2-0-Benzoyl-6-0- (2-ethylbutanoyl) -3-0-pivaloyl-ascorbic acid.

Elemental analysis
Calculated for C24H3009: C 62.33%, H 6.54%
Found: C 62.45%, H 6.52%
UV #EtOH 23 2.1 nm 13C- NMR 67.5MHz # ppm (CDCl3)
178.7 (s), 170.5 (s), 165.7 (s, C1), 162.2
(s), 152.1 (s, 3), 134.4 (d), 130.7 (d),
128.8 (d), 127.5 (s), 123.1 (s, C2), 76.4
(d, C4), 67.6 (d, C5), 64.5 (t, C6),
48.4 (d), 39.0 (s), 27.2 (q), 24.6 (t), 11.6 (q) 1H- 60MHz NMR # ppm (CDCl3)
8.2 ~ 8.0 (m, 2H), 7.7 ~ 7.3 (m, 3H), 5.28
(d, J = 1.4Hz, 1H, C4 - H), 4.6-4.0 (m,
3H), 2.44 (tt, J = 6.7Hz, 6.7Hz, 1H),
1.56 (tq, J = 6.7Hz, 6.9Hz, 4H), 1.23 (s,
9H), 0.87 (t, J = 6.9Hz, 6H)
Example 17
The stability of the compounds in accordance with the present invention was estimated according to the following method.

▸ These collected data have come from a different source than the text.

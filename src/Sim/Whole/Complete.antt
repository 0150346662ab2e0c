-- ===== src/Sim/Whole/Complete.antt =====
-- Whole simulations, from CSimStart to CSimStop.
use profi_lua.Base.{
  ℕ, ◌-◌, ◌≤◌, ◌<◌, ◌≡◌, refl, false, none, some, List, [], ◌∷◌, ◌++◌, map, pos, Returns, returns,
  Returns-bind,
}
use profi_lua.Lua.{Lua, Value, Number, int}
use profi_lua.Lua.Stack.{new_table}
use profi_lua.Sim.State.{Name, Script, Sim}
use profi_lua.Sim.Vm.{number_of}
use profi_lua.Sim.Calculate.{c_sim_start, c_sim_stop, pl_ok}
use profi_lua.Sim.Step.{inputs_of}
use profi_lua.Sim.Names.{marks}
use profi_lua.Sim.Stop.{
  Stops, c_sim_stop-closed, closed-IsClosed, new_user, user_entry, new_user-number,
}
use profi_lua.Sim.Host.{Arrays, Call, host, serve}
use profi_lua.Sim.Whole.{Proper}
use profi_lua.Sim.Whole.Live.{
  Live, live, Stepped, Answered, c_calculate_ex-live, c_calculate_ex-started,
}

module _ {W : Type 0} (lua : Lua) (script : Script W) (I P : W → Type 0) (s : Sim W)
    (p : Proper lua script I P s.file_num s.num_inputs s.num_outputs) where
  -- The simulation has ended without an error: the script and the console are closed, the outputs
  -- are those of the script's last answer, and PUser has the numbers of its last table.
  pub record Completed (z : Sim W) : Type 0 where
    pub no_error : z.error ≡ false
    pub is_ok : z.output 0 ≡ pl_ok
    pub closed_lua : z.lua ≡ none
    pub left : I z.idle
    pub file_num : z.file_num ≡ s.file_num
    pub num_inputs : z.num_inputs ≡ s.num_inputs
    pub num_outputs : z.num_outputs ≡ s.num_outputs
    pub closed_console : z.console ≡ false
    pub started : z.override ≡ false
    pub last : Live W
    pub answered : Answered lua script I P s p last
    pub outputs : z.output ≡ last.output
    pub strings : z.strings ≡ last.strings
    pub function : ℕ
    pub entries : List (Value × Value)
    pub value : Value
    pub world : W
    pub defined : script.global Name.sim_stop last.world ≡ Value.function function
    pub answer : script.call function (new_table entries) last.world ≡ some (value, world)
    pub table : ℕ
    pub user_table : script.global Name.user_table world ≡ Value.table table
    pub user :
        (i : ℕ) → i < 100 → number_of lua (user_entry lua script table world i) ≡ some (z.user i)

  module _ (some_in : 1 ≤ s.num_inputs) (few_in : s.num_inputs ≤ 100)
      (few_out : s.num_outputs ≤ 100) where
    -- The last call.
    stop-Completed :
        (x : Live W) (input : ℕ → Number)
        → Stepped lua script I P s p x
        → Returns (λ _ z. Completed z) (c_sim_stop lua script input (live lua script I P s p x))
    stop-Completed x input ((holds, is_ok), answered) =
        let entries =
          inputs_of (marks p.in_text s.num_inputs) (λ i. int (pos 0)) input (s.num_inputs - 1) 1 in
        let a = p.stops x.world entries holds in
        let b : Stops lua script (live lua script I P s p x) input x.world = record {
          function = a.function;
          result = a.result;
          world = a.world;
          table = a.table;
          defined = a.defined;
          answer = a.answer;
          user_table = a.user_table;
          numbers = a.numbers;
        } in
        let z = closed-IsClosed (record (live lua script I P s p x) {
          lua = none;
          idle = script.close_lua a.world;
          user = new_user lua script a.table a.world 0 100 s.user;
        }) in
        rw
          (c_sim_stop-closed lua script (live lua script I P s p x) input x.stack x.world refl refl
            some_in few_in b)
          (rw z.state (
            returns (record {
              no_error = refl;
              is_ok = is_ok;
              closed_lua = refl;
              left = a.leaves;
              file_num = refl;
              num_inputs = refl;
              num_outputs = refl;
              closed_console = refl;
              started = refl;
              last = x;
              answered = answered;
              outputs = refl;
              strings = refl;
              function = a.function;
              entries = entries;
              value = a.result;
              world = a.world;
              defined = a.defined;
              answer = a.answer;
              table = a.table;
              user_table = a.user_table;
              user =
                  λ i to. new_user-number lua script a.table a.world s.user i to (a.numbers i to);
            })))

    -- Any number of steps, and the stop.
    steps-Completed :
        (inputs : List Arrays) (last : ℕ → Number) (x : Live W)
        → Stepped lua script I P s p x
        → Returns
            (λ _ z. Completed z)
            (host lua script
              (map Call.calculate inputs ++ Call.stop last ∷ [])
              (live lua script I P s p x))
    unfolding host serve
    steps-Completed [] last x stepped =
        Returns-bind (stop-Completed x last stepped) (λ _ z c. returns c)
    steps-Completed (a ∷ inputs) last x (sound, answered) =
        let (y, e, stepped) =
          c_calculate_ex-live lua script I P s p some_in few_in few_out
            (record x { strings = a.texts }) a.input sound in
        rw e (steps-Completed inputs last y stepped)

    -- A simulation runs to its end: `CSimStart`, at least one `CCalculateEx` and `CSimStop` return,
    -- for any inputs and any texts in PString, new ones for each step, when the script keeps the
    -- promises of `Proper`, no Lua state is open before, what the last one has left has `I`, and
    -- there are at most 100 pins of each kind, the console input among them. In the end `I` holds
    -- again of what is left, no error is set and POutput[0] is OK, the other outputs have the numbers
    -- and texts of a table that `gCalculate` has returned, each by its kind, `gSimStop` was called in
    -- the state after that call, the script and the console are closed, and PUser[0] to PUser[99]
    -- have the numbers of the table `gPUser` after `gSimStop`.
    pub host-Completed :
        (first : Arrays) (inputs : List Arrays) (last : ℕ → Number)
        → s.lua ≡ none
        → I s.idle
        → Returns
            (λ _ z. Completed z)
            (host lua script
              (Call.start ∷ Call.calculate first ∷ map Call.calculate inputs ++ Call.stop last ∷ [])
              s)
    unfolding host serve c_sim_start
    host-Completed first inputs last no_lua left =
        let (y, e, (sound, a)) =
          c_calculate_ex-started lua script I P (record s { strings = first.texts }) p some_in
            few_in few_out first.input no_lua left in
        let answered : Answered lua script I P s p y = record {
          before = a.before;
          entries = a.entries;
          function = a.function;
          table = a.table;
          defined = a.defined;
          answer = a.answer;
          numbers = a.numbers;
          texts = a.texts;
        } in
        rw e (steps-Completed inputs last y (sound, answered))
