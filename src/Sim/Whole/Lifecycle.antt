-- ===== src/Sim/Whole/Lifecycle.antt =====
-- The simulator's questions for the pins, and one simulation after another.
use profi_lua.Base.{
  ℕ, ◌+◌, ◌%◌, ◌≤◌, ◌≡◌, none, ok, some, List, [], ◌∷◌, ◌++◌, map, Returns, Returns-mono, u8_of,
}
use profi_lua.Lua.{Lua, Value, Number, truncate}
use profi_lua.Sim.State.{Name, Script, Sim}
use profi_lua.Sim.Pins.{c_num_ex-counts}
use profi_lua.Sim.Host.{Arrays, Call, host, serve}
use profi_lua.Sim.Whole.{Proper}
use profi_lua.Sim.Whole.Complete.{Completed, host-Completed}

-- The number of the script, which stands in `PUser[100]`.
abbrev pub file_of : (ℕ → Number) → ℕ
file_of user = u8_of (truncate (user 100))

-- One more than the script's number.
abbrev pub pins_of : Number → ℕ
pins_of x = (u8_of (truncate x) + 1) % 256

-- The inputs of one simulation: of its first step, of the others, and of its stop.
pub record Inputs : Type 0 where
  pub first : Arrays
  pub others : List Arrays
  pub last : ℕ → Number

abbrev pub simulation : Inputs → List Call
simulation r =
    Call.start ∷ Call.calculate r.first ∷ map Call.calculate r.others ++ Call.stop r.last ∷ []

module _ {W : Type 0} (lua : Lua) (script : Script W) (I : W → Type 0) where
  -- Opened after anything with `I`, the script has the numbers `x` and `y` for its counts of pins,
  -- and what is left when it is closed has `I`.
  pub record CountsAfter (file_num : ℕ) (x y : Number) (idle : W) : Type 0 where
    pub world : W
    pub memory : script.open_lua idle ≡ some world
    pub inputs : script.global Name.num_inputs (script.run_file file_num world).1 ≡ Value.number x
    pub outputs : script.global Name.num_outputs (script.run_file file_num world).1 ≡ Value.number y
    pub leaves : I (script.close_lua (script.run_file file_num world).1)

  module _ (P : W → Type 0) where
    -- The simulations run one after another, each to its end, which is the start of the next.
    abbrev pub Completes :
        List Inputs
        → (s : Sim W) → Proper lua script I P s.file_num s.num_inputs s.num_outputs
        → Type 0
    Completes [] s p = Unit {0}
    Completes (r ∷ rs) s p =
        Returns
          (λ _ z.
            (p' : Proper lua script I P z.file_num z.num_inputs z.num_outputs) × Completed lua
              script I P s p z
            × Completes rs z p')
          (host lua script (simulation r) s)

    simulations-Completes :
        (rs : List Inputs) (s : Sim W)
        (p : Proper lua script I P s.file_num s.num_inputs s.num_outputs)
        → 1 ≤ s.num_inputs
        → s.num_inputs ≤ 100
        → s.num_outputs ≤ 100
        → s.lua ≡ none
        → I s.idle
        → Completes rs s p
    simulations-Completes [] s p some_in few_in few_out no_lua left = tt
    simulations-Completes (r ∷ rs) s p some_in few_in few_out no_lua left =
        Returns-mono
          (host-Completed lua script I P s p some_in few_in few_out r.first r.others r.last no_lua
            left)
          λ _ z c.
            let p' : Proper lua script I P z.file_num z.num_inputs z.num_outputs =
              rw (c.file_num, c.num_inputs, c.num_outputs) p in
            (
              p',
              c,
              simulations-Completes rs z p' (rw c.num_inputs some_in) (rw c.num_inputs few_in)
                  (rw c.num_outputs few_out) c.closed_lua c.left,
            )

    module _ (user : ℕ → Number) (s : Sim W) (x y : Number) where
      -- The host with the counts of the script's pins.
      abbrev pub counted : W → Sim W
      counted idle = record s {
        idle = idle;
        file_num = file_of user;
        num_inputs = pins_of x;
        num_outputs = pins_of y;
      }

      -- The simulator asks for the counts of the pins, and then runs any number of simulations, each
      -- a start, at least one step and a stop: all calls return, for any inputs and texts, and each
      -- simulation ends `Completed`: no error, POutput[0] is OK, the outputs are the script's last answer,
      -- PUser has its table `gPUser`, and the script and the console are closed. No Lua state is
      -- open before, and what the last one has left has `I`; opened after anything with `I`, the
      -- script with the number in `PUser[100]` gives numbers for its counts and keeps the promises
      -- of `Proper`, and when it is closed what is left has `I`. There are at most 100 pins of each
      -- kind, the console input among them.
      pub host-counts-Completes :
          (p : Proper lua script I P (file_of user) (pins_of x) (pins_of y)) (rs : List Inputs)
          → s.lua ≡ none
          → I s.idle
          → ((idle : W) → I idle → CountsAfter (file_of user) x y idle)
          → 1 ≤ pins_of x
          → pins_of x ≤ 100
          → pins_of y ≤ 100
          → (idle : W) × (host lua script (Call.num_inputs user ∷ Call.num_outputs user ∷ []) s
              ≡ ok tt (counted idle))
            × Completes rs (counted idle) p
      unfolding host serve
      host-counts-Completes p rs no_lua left counts some_in few_in few_out =
          let a = counts s.idle left in
          let u = script.close_lua (script.run_file (file_of user) a.world).1 in
          let b = counts u a.leaves in
          let s₁ : Sim W = record s { idle = u; file_num = file_of user; num_inputs = pins_of x } in
          (
            script.close_lua (script.run_file (file_of user) b.world).1,
            rw (
              (c_num_ex-counts lua script user s a.world x y no_lua a.memory a.inputs a.outputs).0,
              (c_num_ex-counts lua script user s₁ b.world x y no_lua b.memory b.inputs b.outputs).1,
            ),
            simulations-Completes rs
                (counted (script.close_lua (script.run_file (file_of user) b.world).1)) p some_in
                few_in few_out no_lua b.leaves,
          )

The ascorbic acid derivatives to be tested were each dissolved in acetonitrile. Samples of each solution were, respectively, stored at 500C for 7 days, and exposed to sunlight for 7 days. Both types of samples were subjected to UV analysis and the residues of the derivative in these samples were determined by UV spectral absorbance of the respective samples. The results are shown in Table 7.

Table 7
ABCDEF sample
Concentration 1.48 x 10-4 1.55 x 10-4 1.40 x 10-4 1.46 x 10-4 1.44 x 10-4 1.39 x 10-4
(NOT)
Residue (%)
50 C, 7 days 5.5 86.2 93.2 89.6 94.4 96.5
Exposure to 8.9 47.1 86.5 77.8 80.3 94.3 light (3.66J / cm) (3.66J / cm) (3.65J / cm) (3.65J / cm) (3.65J / cm) (3.66J / cm) solar
A: 6-0-monopalmitoylascorbic acid
B: 2,6-di-0-palmitoylascorbic acid
C: 2,3-di-0- (2-ethylbutanoyl) -6-0-stearoyl acid
ascorbic
D: 2,3-di-0-pivaloyl-6-0-stearoylascorbic acid
E: 2,3-di-0-pivaloyl-6-0- (NK-isostearoyl) acid
ascorbic
F: 2,3-di- (NK-isostearoyl) ascorbic acid.

Claims (1)

CLAIM Ascorbic acid derivative represented by the general formula (I)

formula in which R1 represents an alkyl group, linear or branched, ren closing from 1 to 17 carbon atoms, a cycloalkyl group or an aryl group, R2CO represents a residue, containing from 4 to 18 atoms of carbon, branched aliphatic acid eni or a residue cycloalkanoic acid, and R3 represents a hydrogen atom, a residue containing from 2 to 18 carbon atoms, linear alkanoic acid or branched, a residue of cycloalkanoic acid or a residue aryl carboxylic acid.